A Java variable of type char
can hold any 16-bit Unicode
character. In C, the char
type can represent any character in a character set that
depends on the type of system or platform for which the
program is compiled. This is usually a variation of
US ASCII, but it doesn't have to be, so beware. In
particular, it could be a multibyte encoding, where a
larger set of characters are represented by several
char
objects, e.g. UTF-8. A basic set
of characters, however, are always represented as single
char
s.
Java strings are objects of class String
or StringBuilder
,
and represent sequences of char
.
Strings in C are just arrays of, or pointers to,
char
,
and don't exist as a formal type. Functions which handle
strings typically assume that the string is terminated
with a null character '\0'
,
rather than being passed length parameter. A character
array can be initialised like other arrays:
char word[] = { 'H', 'e', 'l', 'l', 'o', '!', '\0' }; char another[] = "Hello!";
Note that the second initialiser is a shorter form of the first, including the terminating null character. Such a string literal can also appear in an expression. It evaluates to a pointer to the first character.

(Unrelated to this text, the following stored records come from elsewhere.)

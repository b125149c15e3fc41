-- ===== src/Schedule/Order/Runs.antt =====
-- The invariant of the rounds, and what follows for every run.
use my_nn_engine.Prelude.{
  ℕ, ◌+◌, ◌≤◌, ◌<◌, ◌≡◌, refl, sym, ap, ap₂, ◌∙◌, inl, inr, Bool, true, false, not, ◌&&◌, subst,
  List, [], ◌∷◌, some, get_elem?, length, map, ltb, ◌==◌, if◌then◌else◌, arith, Bool-cases,
}
use my_nn_engine.Schedule.Ir.{KernelId}
use my_nn_engine.Schedule.Kernels.{Schedule, contains}
use my_nn_engine.Schedule.Alloc.Counts.{count, get_elem?_total}
use my_nn_engine.Schedule.Deps.{Deps}
use my_nn_engine.Schedule.Deps.Links.{enter, contains-count}
use my_nn_engine.Schedule.Deps.Complete.{IsComplete}
use my_nn_engine.Schedule.Order.{Order, start, remove, round, Run, begin, next}
use my_nn_engine.Schedule.Order.Advance.{pending_at, count-remove, Advanced, advance-Advanced}
use my_nn_engine.Schedule.Order.Topological.{
  set_at, preds_of, count_at-set_at, left, IsTopological, left-nil, left-cons, IsTopological-left,
  pending_at-map, length-map, count-zeros_from,
}

-- A kernel that is ready: nothing that it waits for is left, and it is not done.
abbrev pub is_ready : ℕ → List KernelId → List KernelId → KernelId → Bool
is_ready n done preds k = (ltb k n && not (contains done k)) && left done preds == 0

pub record Good (n : ℕ) (deps : Deps) (done : List KernelId) (order : Order) : Type 0 where
  pub topological : IsTopological n deps done
  pub pending : (k : KernelId) → pending_at order.kernel_pending k ≡ left done (preds_of deps k)
  pub ready :
      (k : KernelId) → count k order.ready ≡ (if is_ready n done (preds_of deps k) k then 1 else 0)

start-Good : (n : ℕ) (deps : Deps) → length deps.kernel_preds ≡ n → Good n deps [] (start deps)
unfolding start
start-Good n deps l = record {
  topological = tt;
  pending = λ k. pending_at-map deps.kernel_preds k ∙ sym (left-nil (preds_of deps k));
  ready = λ k.
      let z = count-zeros_from 0 k k (map length deps.kernel_preds) (omega arith) in
      let p = pending_at-map deps.kernel_preds k in
      let m = length-map deps.kernel_preds in let e = left-nil (preds_of deps k) in ground arith;
}

-- The ready set after a round, for a kernel with `c` links to the one that was picked.
ready_after :
    (n k kid l l' c r : ℕ) (done_k : Bool)
    → l' + c ≡ l
    → (done_k ≡ true → l ≡ 0)
    → (0 < c → k < n)
    → r ≡ (if (ltb k n && not done_k) && l == 0 then 1 else 0)
    → enter (ltb 0 c && l == c) r ≡ (if (ltb k n && not done_k) && l' == 0 then 1 else 0)
ready_after n k kid l l' c r done_k e d b h = ground arith

not_again :
    (n k l : ℕ) (b : Bool)
    → ◌≡◌ {A = ℕ} 0 (if (ltb k n && not (if k == k then true else b)) && l == 0 then 1 else 0)
not_again n k l b = ground arith

set_at-some :
    (sets : List (List ℕ)) (i : ℕ) (set : List ℕ)
    → get_elem? sets i ≡ some set
    → set_at sets i ≡ set
set_at-some sets i set e = rw (set_at, e) refl

-- A kernel of the ready set may be done next.
picked-IsTopological :
    (n : ℕ) (deps : Deps) (done : List KernelId) (order : Order) (kid : KernelId)
    → Good n deps done order
    → contains order.ready kid ≡ true
    → IsTopological n deps (kid ∷ done)
picked-IsTopological n deps done order kid g picked =
    let r = g.ready kid in
    let c = contains-count order.ready kid in
    (ground arith, ground arith, ground arith, g.topological)

module _ (schedule : Schedule) (deps : Deps) (complete : IsComplete schedule deps) where
  -- The kernel is linked from both sides.
  pub consumers-preds :
      (kid k : ℕ) → count k (set_at deps.kernel_consumers kid) ≡ count kid (preds_of deps k)
  consumers-preds kid k =
      sym (count_at-set_at kid k deps.kernel_consumers)
      ∙ complete.mutual_links k kid
      ∙ count_at-set_at k kid deps.kernel_preds

  pred-bound : (kid k : ℕ) → 0 < count kid (preds_of deps k) → k < length schedule.kernels
  pred-bound kid k h = elim (Bool-cases (ltb k (length schedule.kernels))) [
    | inl x ↦ ground arith
    | inr x ↦
        let zero_there = complete.no_others k kid (ground arith) in
        let e = count_at-set_at k kid deps.kernel_preds in absurd (omega arith)
  ]

  count-consumers :
      (kid k : ℕ) (consumers : List KernelId)
      → get_elem? deps.kernel_consumers kid ≡ some consumers
      → count k consumers ≡ count kid (preds_of deps k)
  count-consumers kid k consumers here =
      sym (ap (count k) (set_at-some deps.kernel_consumers kid consumers here))
      ∙ consumers-preds kid k

  module _ (done : List KernelId) (order after : Order) (kid : KernelId) (consumers : List KernelId)
      (g : Good (length schedule.kernels) deps done order)
      (t : IsTopological (length schedule.kernels) deps (kid ∷ done))
      (here : get_elem? deps.kernel_consumers kid ≡ some consumers)
      (m : Advanced consumers (record order { ready = remove kid order.ready }) after) where
    ready_self : count kid after.ready ≡ 0
    ready_self =
        let c = count-consumers kid kid consumers here in
        let fewer = left-cons kid done (preds_of deps kid) t.1 in
        let gone = count-remove kid kid order.ready in
        let r = m.ready kid in let none_left = t.2 in ground arith

    ready-other :
        (k : KernelId)
        → (kid == k) ≡ false
        → count k after.ready
          ≡ (if is_ready (length schedule.kernels) (kid ∷ done) (preds_of deps k) k then 1 else 0)
    ready-other k x =
        let c = count-consumers kid k consumers here in
        let kept : count k (remove kid order.ready) ≡ count k order.ready =
          rw (count-remove kid k order.ready, x) refl in
        let same : contains (kid ∷ done) k ≡ contains done k = rw x refl in
        m.ready k
        ∙ ap₂ (λ l r. enter (ltb 0 (count k consumers) && l == count k consumers) r) (g.pending k)
            kept
        ∙ ready_after (length schedule.kernels) k kid (left done (preds_of deps k))
            (left (kid ∷ done) (preds_of deps k)) (count k consumers) (count k order.ready)
            (contains done k) (omega (arith, c, left-cons kid done (preds_of deps k) t.1))
            (IsTopological-left (length schedule.kernels) deps done k g.topological)
            (λ h. pred-bound kid k (omega arith)) (g.ready k)
        ∙ ap
            (λ b.
              if (ltb k (length schedule.kernels) && not b)
                && left (kid ∷ done) (preds_of deps k) == 0
              then 1
              else 0)
            (sym same)

    round-Good : Good (length schedule.kernels) deps (kid ∷ done) after
    round-Good = record {
      topological = t;
      pending = λ k.
          let c = count-consumers kid k consumers here in
          let fewer = left-cons kid done (preds_of deps k) t.1 in
          let before = g.pending k in omega (arith, m.pending k);
      ready = λ k. elim (Bool-cases (kid == k)) [
        | inl x ↦
            let same : kid ≡ k = ground arith in
            rw (← same) (
              ready_self
              ∙ not_again (length schedule.kernels) kid (left (kid ∷ done) (preds_of deps kid))
                  (contains done kid))
        | inr x ↦ ready-other k x
      ];
    }

  -- A round does not panic, and keeps the invariant.
  pub round-runs :
      (done : List KernelId) (order : Order) (kid : KernelId)
      → Good (length schedule.kernels) deps done order
      → contains order.ready kid ≡ true
      → (after : Order) × (round deps kid order ≡ some after)
        × Good (length schedule.kernels) deps (kid ∷ done) after
  unfolding round
  round-runs done order kid g picked =
      let t = picked-IsTopological (length schedule.kernels) deps done order kid g picked in
      let (consumers, here) =
        get_elem?_total deps.kernel_consumers kid (omega (arith, t.0, complete.consumers_length)) in
      let waits : (k : ℕ) → count k consumers ≤ pending_at order.kernel_pending k = λ k.
        let c = count-consumers kid k consumers here in
        let fewer = left-cons kid done (preds_of deps k) t.1 in omega (arith, g.pending k) in
      let (after, runs, m) =
        advance-Advanced consumers (record order { ready = remove kid order.ready }) waits in
      (after, rw (here) runs, round-Good done order after kid consumers g t here m)

  pub Run-Good :
      (done : List KernelId) (order : Order)
      → Run deps done order
      → Good (length schedule.kernels) deps done order
  Run-Good done order begin = start-Good (length schedule.kernels) deps complete.preds_length
  Run-Good done order (next {done = d} {order = o} kid run picked e) =
      let (after, runs, g) = round-runs d o kid (Run-Good d o run) picked in
      let same : after ≡ order = cc in subst (Good (length schedule.kernels) deps (kid ∷ d)) same g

const char *ptr; ptr = "Hello!";
ptr
now points to an
anonymous, statically allocated array of characters.
Attempting to write to a string literal like this has
undefined behaviour, so the use of const
ensures
that such attempts are detected while compiling.
Utilities for handling character strings are declared
in <string.h>
. For
example, the function to copy a string from one place to
another is declared as:
char *strcpy(char *to, const char *from);
…and may be used like this:
#include <string.h> char words[100]; strcpy(words, "Madam, I'm Adam.");
Like many of the other <string.h>
functions, strcpy
assumes that you have already allocated
sufficient space to store the string.